Further, investigators wrote that herd immunity may be the best way to protect patients on dialysis from COVID-19 infections.
“In this work, we sought to characterize COVID-19 dynamics in dialysis patients at the population scale by using the general population incidence over time and space as a reflection of SARS-CoV-2 spread,” Khalil El Karoui, MD, PhD, of the Assistance Publique–Hôpitaux de Paris Henri Mondor Hospital in France, and colleagues wrote.
In a population-level cohort study, researchers analyzed patients on dialysis with severe COVID-19 infections reported in the French kidney failure REIN registry between March 11, 2020, and April 29, 2021. They collected data on vaccine exposure from weekly national surveys that began in January 2021. All information about the general population’s COVID-19 infections and vaccine exposure were acquired from the national inpatient surveillance system .

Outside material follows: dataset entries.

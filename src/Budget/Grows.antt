-- ===== src/Budget/Grows.antt =====
-- The budget against the store that it accounts for: any sequence of grow requests, on any memory
-- or table of the store or on a new one.
use gwead.Prelude.{
  ℕ, zero, suc, ◌+◌, ◌≤◌, ◌<◌, ◌≡◌, Bool, ltb, leb, true, false, List, [], ◌∷◌, arith,
  if◌then◌else◌, get_or,
}
use gwead.Budget.{RuntimeLimits, ResourceBudget, new, memory_growing, table_growing, usize_mod}

-- What each kind of object holds now: the sizes of the memories, in bytes, and of the tables.
pub record Sizes : Type 0 where
  pub memories : List ℕ
  pub tables : List ℕ

-- A request of wasmtime: grow the object with this index by so much, and whether it is grown once the
-- limiter allows it, which the object's own maximum or the host's memory may prevent. An index past
-- the end is the allocation of a new object, whose present size is 0.
pub data Request : Type 0 where
  memory : ℕ → ℕ → Bool → Request
  table : ℕ → ℕ → Bool → Request

-- A store, with what was allowed in it and then not grown.
pub record Store : Type 0 where
  pub budget : ResourceBudget
  pub sizes : Sizes
  pub memory_lost : ℕ
  pub table_lost : ℕ

abbrev pub resize : List ℕ → ℕ → ℕ → List ℕ
resize [] i v = v ∷ []
resize (x ∷ xs) zero v = v ∷ xs
resize (x ∷ xs) (suc i) v = x ∷ resize xs i v

abbrev pub sum : List ℕ → ℕ
sum [] = 0
sum (x ∷ xs) = x + sum xs

sum-resize : (xs : List ℕ) (i v : ℕ) → sum (resize xs i v) + get_or xs i 0 ≡ sum xs + v
sum-resize [] i v = omega arith
sum-resize (x ∷ xs) zero v = omega arith
sum-resize (x ∷ xs) (suc i) v = omega (arith, sum-resize xs i v)

get_or-le-sum : (xs : List ℕ) (i : ℕ) → get_or xs i 0 ≤ sum xs
get_or-le-sum [] i = omega arith
get_or-le-sum (x ∷ xs) zero = omega arith
get_or-le-sum (x ∷ xs) (suc i) = omega (arith, get_or-le-sum xs i)

-- what became of an object that the limiter allowed to grow
abbrev pub grow_memory : Store → ℕ → ℕ → Bool → Store
grow_memory st i by true = record st {
  sizes = record st.sizes {
    memories = resize st.sizes.memories i (get_or st.sizes.memories i 0 + by);
  };
}
grow_memory st i by false = record st { memory_lost = st.memory_lost + by }

abbrev pub grow_table : Store → ℕ → ℕ → Bool → Store
grow_table st i by true = record st {
  sizes = record st.sizes { tables = resize st.sizes.tables i (get_or st.sizes.tables i 0 + by) };
}
grow_table st i by false = record st { table_lost = st.table_lost + by }

-- wasmtime asks the limiter, also where the object's own maximum does not let it grow so far, and the
-- object is grown only if it is allowed to. The hooks by which wasmtime tells that a grow has failed
-- are the defaults, which change nothing.
unfoldable pub grow : Store → Request → Store
grow st (memory i by grown) =
    let current = get_or st.sizes.memories i 0 in
    let (b, allowed) = memory_growing st.budget current (current + by) in
    if allowed then grow_memory (record st { budget = b }) i by grown else record st { budget = b }
grow st (table i by grown) =
    let current = get_or st.sizes.tables i 0 in
    let (b, allowed) = table_growing st.budget current (current + by) in
    if allowed then grow_table (record st { budget = b }) i by grown else record st { budget = b }

unfoldable pub run : Store → List Request → Store
run st [] = st
run st (r ∷ rs) = run (grow st r) rs

abbrev pub empty_store : RuntimeLimits → Store
empty_store limits = record {
  budget = new limits;
  sizes = record { memories = []; tables = [] };
  memory_lost = 0;
  table_lost = 0;
}

-- The totals are the sizes of the store and what was allowed and not grown, and within the caps.
pub record IsCharged (limits : RuntimeLimits) (st : Store) : Type 0 where
  pub memory_cap : st.budget.max_memory_bytes ≡ limits.max_memory_bytes
  pub table_cap : st.budget.max_table_elements ≡ limits.max_table_elements
  pub memory_total : st.budget.committed_memory_bytes ≡ sum st.sizes.memories + st.memory_lost
  pub table_total : st.budget.committed_table_elements ≡ sum st.sizes.tables + st.table_lost
  pub memory_fits : sum st.sizes.memories + st.memory_lost ≤ limits.max_memory_bytes
  pub table_fits : sum st.sizes.tables + st.table_lost ≤ limits.max_table_elements

-- The accounting has not drifted, and the store is within its caps.
pub record IsAccounted (limits : RuntimeLimits) (st : ResourceBudget × Sizes) : Type 0 where
  pub memory_cap : st.0.max_memory_bytes ≡ limits.max_memory_bytes
  pub table_cap : st.0.max_table_elements ≡ limits.max_table_elements
  pub memory_total : st.0.committed_memory_bytes ≡ sum st.1.memories
  pub table_total : st.0.committed_table_elements ≡ sum st.1.tables
  pub memory_fits : sum st.1.memories ≤ limits.max_memory_bytes
  pub table_fits : sum st.1.tables ≤ limits.max_table_elements

new-IsCharged : (limits : RuntimeLimits) → IsCharged limits (empty_store limits)
unfolding new
new-IsCharged limits = ground arith

grow-IsCharged :
    (limits : RuntimeLimits) (st : Store) (r : Request)
    → IsCharged limits st
    → IsCharged limits (grow st r)
unfolding grow memory_growing table_growing
grow-IsCharged limits st (memory i by true) h =
    let current = get_or st.sizes.memories i 0 in
    ground (arith, sum-resize st.sizes.memories i (current + by), get_or-le-sum st.sizes.memories i)
grow-IsCharged limits st (memory i by false) h = ground (arith, get_or-le-sum st.sizes.memories i)
grow-IsCharged limits st (table i by true) h =
    let current = get_or st.sizes.tables i 0 in
    ground (arith, sum-resize st.sizes.tables i (current + by), get_or-le-sum st.sizes.tables i)
grow-IsCharged limits st (table i by false) h = ground (arith, get_or-le-sum st.sizes.tables i)

run-IsCharged_from :
    (limits : RuntimeLimits) (rs : List Request) (st : Store)
    → IsCharged limits st
    → IsCharged limits (run st rs)
unfolding run
run-IsCharged_from limits [] st h = h
run-IsCharged_from limits (r ∷ rs) st h =
    run-IsCharged_from limits rs (grow st r) (grow-IsCharged limits st r h)

-- Whatever sequence of grow requests a module makes, over however many memories and tables, and
-- whichever of the grows that are allowed then fail: the store as a whole stays within both caps, and
-- the budget's totals are the sizes of the store and all that was allowed and not grown.
pub run-IsCharged :
    (limits : RuntimeLimits) (rs : List Request) → IsCharged limits (run (empty_store limits) rs)
run-IsCharged limits rs = run-IsCharged_from limits rs (empty_store limits) (new-IsCharged limits)

-- The grow does not fail once it is allowed.
abbrev pub Succeeds : Request → Type 0
Succeeds (memory i by grown) = grown ≡ true
Succeeds (table i by grown) = grown ≡ true

-- The size that the memories would have in all after the request.
abbrev pub wanted : Sizes → ℕ → ℕ → ℕ
wanted s i desired = sum (resize s.memories i desired)

-- The decision on a request, by the total that it would bring the memories to.
abbrev pub decided : ResourceBudget → ℕ → ResourceBudget × Bool
decided b total =
    if leb total b.max_memory_bytes
    then (record b { committed_memory_bytes = total }, true)
    else if ltb total usize_mod
    then (record b { memory_denied = true }, false)
    else (b, false)

-- In a store that the budget accounts for, a memory may grow exactly if the memories then fit the
-- cap in all, and the budget then holds their new total. A refusal leaves the total as it was, and
-- is recorded as the cap's unless the requested total does not fit a `usize`. The cap does.
pub memory_growing_exact :
    (limits : RuntimeLimits) (b : ResourceBudget) (s : Sizes) (i desired : ℕ)
    → IsAccounted limits (b, s)
    → limits.max_memory_bytes < usize_mod
    → memory_growing b (get_or s.memories i 0) desired ≡ decided b (wanted s i desired)
unfolding memory_growing
memory_growing_exact limits b s i desired h small = ground (
  arith,
  h.memory_cap,
  h.memory_total,
  sum-resize s.memories i desired,
  get_or-le-sum s.memories i,
)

Researchers used three Bayesian multivariable spatiotemporal models to evaluate the correlation between vaccine exposure and severe COVID-19 infections in patients on dialysis. Additionally, the models assessed previous COVID-19 hospitalizations to predict subsequent COVID-19 hospitalizations at different time points.
Analyses revealed that during the first wave of the pandemic, patients on dialysis reported similar COVID-19-related hospitalizations to the general population. However, as vaccines became available during the second and third waves, patients on dialysis reported a lower incidence of these hospitalizations than the general population.
According to the researchers, adding vaccination coverages in patients on and off dialysis to equations showed that overall vaccination correlated with a lower risk of COVID-19-related hospitalization in patients on dialysis.
"Our findings suggest that both individual and herd vaccine-induced immunity may yield a protective effect against severe forms of COVID-19 in dialysis patients," Karoui said in a press release.
In an editorial on the study, associate professors of medicine from the University of Ottawa Gregory L. Hundemer, MD, MPH, and Manish M. Sood, MD, MS, FASN, wrote, “Maximizing vaccination rates among not only patients on dialysis (where mRNA vaccines are clearly preferred) but also the general population to provide herd immunity must remain a top priority. Given the attenuated initial immunologic response combined with rapidly waning immunity over several months postvaccination, booster doses of COVID-19 vaccines will likely be critical for this population to prevent breakthrough cases.”
Reference:
- Growing understanding of the clinical and serologic effects of COVID-19 vaccines in patients undergoing long-term dialysis. https://cjasn.asnjournals.org/content/early/2022/02/10/CJN.00320122. Published Feb. 10, 2022. Accessed Feb. 14, 2022.
- New data on the effects of COVID-19 vaccination in patients on dialysis. https://medicalxpress.com/news/2022-02-effects-covid-vaccination-patients-dialysis.html. Published Feb. 10, 2022. Accessed Feb. 14, 2022.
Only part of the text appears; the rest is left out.